AIM OF THE TASK:
Could you reproduce the lines below from the one with "unfolding revision_of" through the one with "elim (Mem-cons e.evidence"? Keep both ends and add nothing.

Collected data
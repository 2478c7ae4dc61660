-- ===== src/Safety/Review.antt =====
-- A global stop stands until an operator has reviewed all of its evidence (record_stop,
-- assert_circuit_breaker_clear and resume_circuit_breaker of src/autocontribute/store.py).
use autocontribute.Base.{
  ℕ, String, none, some, true, false, ◌&&◌, List, [], ◌∷◌, ◌++◌, ◌≡◌, ◌⊎◌, inl, inr, refl, ap, sym,
  ◌∙◌, arith, eq_iff, ◌==◌, Bool-cases, subst,
}
use mathlib.Core.List.{Memᴰ}
use native.Mathlib.Nat.{le_refl}
use autocontribute.Errors.{state_error, ok, err}
use autocontribute.Lease.Cell.{is_generation}
use autocontribute.Safety.State.{
  Trigger, tripped, BreakerEvent, Safety, Library, new_safety, Stop, globally,
}
use autocontribute.Safety.Breaker.{
  same_kind, find_event, triggers_of, active_triggers, revision_of, trip, Status,
  circuit_breaker_status, assert_circuit_breaker_clear, resume, optional_revision,
}
use autocontribute.Safety.Holds.{record_stop, scope_eq}
use autocontribute.Safety.Steps.{Step, resumes, is_resumption, Reach, next, IsCalm, Step-IsCalm}
use autocontribute.Safety.Events.{triggers_of-later, All-snoc}
use autocontribute.Safety.Evidence.{
  IsSound, Step-IsSound, Reach-IsSound, new_safety-IsSound, resume-IsResumed,
}

-- the calls since then, none of which was an operator's resumption
pub data Unresumed (lib : Library) (s : Safety) : Safety → Type 0 where
  start : Unresumed lib s s
  later :
      {t u : Safety}
      → Unresumed lib s t
      → (st : Step lib t u) → is_resumption st ≡ false
      → Unresumed lib s u

calm-tripped :
    (s after : Safety)
    → IsCalm s after
    → s.breaker.is_tripped ≡ true
    → after.breaker.is_tripped ≡ true
calm-tripped s after (inl (events, breaker)) e = ap (λ b. b.is_tripped) breaker ∙ e
calm-tripped s after (inr (now, t, more)) e = ap (λ b. b.is_tripped) more.breaker_after

Unresumed-tripped :
    {lib : Library} {s t : Safety}
    → Unresumed lib s t
    → s.breaker.is_tripped ≡ true
    → t.breaker.is_tripped ≡ true
Unresumed-tripped start e = e
Unresumed-tripped (later {t} {u} r st quiet) e =
    calm-tripped t u (Step-IsCalm st quiet) (Unresumed-tripped r e)

Unresumed-Reach :
    {lib : Library} {r s t : Safety} → Reach lib r s → Unresumed lib s t → Reach lib r t
Unresumed-Reach reached start = reached
Unresumed-Reach reached (later r st quiet) = next (Unresumed-Reach reached r) st

trip-new :
    (now : ℕ) (t : Trigger) (s after : Safety)
    → trip now t s ≡ ok (true, after)
    → after.breaker.is_tripped ≡ true
unfolding trip
trip-new now t s after h = ground arith

record_stop-new :
    (lib : Library) (now : ℕ) (stop : Stop) (s after : Safety)
    → stop.scope ≡ globally
    → record_stop lib now stop s ≡ ok (true, after)
    → after.breaker.is_tripped ≡ true
unfolding record_stop
record_stop-new lib now stop s after global h =
    trip-new now stop.evidence s after (ground (arith, ap (λ x. scope_eq x globally) global))

-- A global safety event whose evidence is new stops all work: after `record_stop` has returned True
-- for it, `assert_circuit_breaker_clear` raises StateError whatever stops, rate limits and releases
-- of holds are recorded, until an operator resumes.
pub stopped_until_resumed :
    (lib : Library) (now : ℕ) (stop : Stop) (s after t : Safety)
    → stop.scope ≡ globally
    → record_stop lib now stop s ≡ ok (true, after)
    → Unresumed lib after t
    → assert_circuit_breaker_clear lib t ≡ err state_error
unfolding assert_circuit_breaker_clear circuit_breaker_status active_triggers
stopped_until_resumed lib now stop s after t global h r =
    let still = Unresumed-tripped r (record_stop-new lib now stop s after global h) in
    ground (arith, still)

reviewed-same :
    (lib : Library) (a b : List Trigger) (revision : String)
    → (lib.json_sha256 a ≡ lib.json_sha256 b → a ≡ b)
    → revision_of lib a ≡ ok revision
    → optional_revision lib b ≡ some revision
    → a ≡ b
unfolding revision_of
reviewed-same lib [] b revision inj ha hb = absurd (ground arith)
reviewed-same lib (t ∷ ts) [] revision inj ha hb = absurd (cc)
reviewed-same lib (t ∷ ts) (u ∷ us) revision inj ha hb = inj (ground arith)

Mem-cons {ℓ} : {A : Type ℓ} (x t : A) (xs : List A) → Memᴰ t (x ∷ xs) → (t ≡ x) ⊎ Memᴰ t xs
Mem-cons x t xs (Memᴰ.head same) = inl same
Mem-cons x t xs (Memᴰ.tail m) = inr m

Mem-triggers_of :
    (k : ℕ) (es : List BreakerEvent) (t : Trigger)
    → Memᴰ t (triggers_of k es)
    → (e : BreakerEvent) × Memᴰ e es × (e.kind ≡ tripped) × (e.evidence ≡ t)
Mem-triggers_of k [] t m = elim m [ ]
Mem-triggers_of k (e ∷ es) t m = elim (Bool-cases (e.epoch == k && same_kind e.kind tripped)) [
  | inr miss ↦
      let kept : triggers_of k (e ∷ es) ≡ triggers_of k es = ground arith in
      let (f, found, kind, own) = Mem-triggers_of k es t (subst (Memᴰ t) kept m) in
      (f, Memᴰ.tail found, kind, own)
  | inl hit ↦
      let taken : triggers_of k (e ∷ es) ≡ e.evidence ∷ triggers_of k es = ground arith in
      elim (Mem-cons e.evidence t (triggers_of k es) (subst (Memᴰ t) taken m)) [
        | inl same ↦ (e, Memᴰ.head refl, ground arith, sym same)
        | inr old ↦
            let (f, found, kind, own) = Mem-triggers_of k es t old in
            (f, Memᴰ.tail found, kind, own)
      ]
]

Mem-before : (es more : List BreakerEvent) (e : BreakerEvent) → Memᴰ e es → Memᴰ e (es ++ more)
Mem-before [] more e m = elim m [ ]
Mem-before (x ∷ es) more e (Memᴰ.head same) = Memᴰ.head same
Mem-before (x ∷ es) more e (Memᴰ.tail m) = Memᴰ.tail (Mem-before es more e m)

-- Evidence that is recorded already trips nothing again.
known-trip :
    (now : ℕ) (t : Trigger) (s : Safety)
    → is_generation s.breaker.epoch ≡ true
    → (e : BreakerEvent) → find_event tripped t.trigger_hash s.events ≡ some e
    → e.evidence ≡ t
    → trip now t s ≡ ok (false, s)
unfolding trip
known-trip now t s range e found own =
    ground (arith, eq_iff e.evidence.source t.source, eq_iff e.evidence.reason t.reason)

sound-clear :
    (lib : Library) (s : Safety)
    → IsSound s
    → triggers_of s.breaker.epoch s.events ≡ []
    → s.breaker.evidence ≡ none
    → assert_circuit_breaker_clear lib s ≡ ok tt
unfolding assert_circuit_breaker_clear circuit_breaker_status active_triggers
sound-clear lib s sound empty none_left = ground (arith, sound.range, sound.marked)

status-revision :
    (lib : Library) (s : Safety) (status : Status)
    → circuit_breaker_status lib s ≡ ok status
    → optional_revision lib status.active_triggers ≡ status.active_revision
unfolding circuit_breaker_status active_triggers
status-revision lib s status h = ground arith

-- An operator resumes what was reviewed and nothing else. If the revision given to a resumption that
-- succeeded is the one that an earlier status showed, with no resumption in between and no collision
-- of the two lists' hashes, then the active evidence was still the evidence shown; afterwards the
-- breaker is clear, and none of that evidence, recorded again, trips it.
pub resume_reviewed :
    (lib : Library) (created now : ℕ) (actor reason revision : String) (s t u : Safety)
    (status : Status) (at : ℕ) (seen : Trigger)
    → (let active = triggers_of t.breaker.epoch t.events in
        lib.json_sha256 active ≡ lib.json_sha256 status.active_triggers
        → active ≡ status.active_triggers)
    → Reach lib (new_safety created) s
    → circuit_breaker_status lib s ≡ ok status
    → status.active_revision ≡ some revision
    → Unresumed lib s t
    → resume lib now actor reason revision t ≡ ok (true, u)
    → Memᴰ seen status.active_triggers
    → (triggers_of t.breaker.epoch t.events ≡ status.active_triggers)
      × (assert_circuit_breaker_clear lib u ≡ ok tt)
      × (trip at seen u ≡ ok (false, u))
resume_reviewed lib created now actor reason revision s t u status at seen inj reached shown at_hand
      r h m =
    elim (resume-IsResumed lib now actor reason revision t true u h) [
      | inl (old, same) ↦ absurd (cc)
      | inr done ↦
          let before = Unresumed-Reach reached r in
          let sound_t = Reach-IsSound (new_safety-IsSound created) before in
          let resumption : Step lib t u = resumes now actor reason revision true u h in
          let sound_u : IsSound u = Step-IsSound resumption sound_t in
          let active = triggers_of t.breaker.epoch t.events in
          let agreed : active ≡ status.active_triggers =
            reviewed-same lib active status.active_triggers revision inj done.reviewed
              (status-revision lib s status shown ∙ at_hand) in
          let (e, found, kind, own) =
            Mem-triggers_of t.breaker.epoch t.events seen (subst (Memᴰ seen) (sym agreed) m) in
          let kept : Memᴰ e u.events =
            subst (Memᴰ e) (ap (λ x. x.events) (sym done.done)) (Mem-before t.events _ e found) in
          (
            agreed,
            sound-clear lib u sound_u
                (ap (λ x. triggers_of x.breaker.epoch x.events) done.done
                  ∙ triggers_of-later t.breaker.epoch _
                      (All-snoc t.breaker.epoch t.events _ sound_t.past (le_refl _)))
                (ap (λ x. x.breaker.evidence) done.done),
            known-trip at seen u sound_u.range e
                (ap (λ x. find_event tripped x.trigger_hash u.events) (sym own)
                  ∙ sound_u.unique e kept kind)
                own,
          )
    ]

TASK RESULT:
unfolding revision_of
reviewed-same lib [] b revision inj ha hb = absurd (ground arith)
reviewed-same lib (t ∷ ts) [] revision inj ha hb = absurd (cc)
reviewed-same lib (t ∷ ts) (u ∷ us) revision inj ha hb = inj (ground arith)

Mem-cons {ℓ} : {A : Type ℓ} (x t : A) (xs : List A) → Memᴰ t (x ∷ xs) → (t ≡ x) ⊎ Memᴰ t xs
Mem-cons x t xs (Memᴰ.head same) = inl same
Mem-cons x t xs (Memᴰ.tail m) = inr m

Mem-triggers_of :
    (k : ℕ) (es : List BreakerEvent) (t : Trigger)
    → Memᴰ t (triggers_of k es)
    → (e : BreakerEvent) × Memᴰ e es × (e.kind ≡ tripped) × (e.evidence ≡ t)
Mem-triggers_of k [] t m = elim m [ ]
Mem-triggers_of k (e ∷ es) t m = elim (Bool-cases (e.epoch == k && same_kind e.kind tripped)) [
  | inr miss ↦
      let kept : triggers_of k (e ∷ es) ≡ triggers_of k es = ground arith in
      let (f, found, kind, own) = Mem-triggers_of k es t (subst (Memᴰ t) kept m) in
      (f, Memᴰ.tail found, kind, own)
  | inl hit ↦
      let taken : triggers_of k (e ∷ es) ≡ e.evidence ∷ triggers_of k es = ground arith in
      elim (Mem-cons e.evidence t (triggers_of k es) (subst (Memᴰ t) taken m)) [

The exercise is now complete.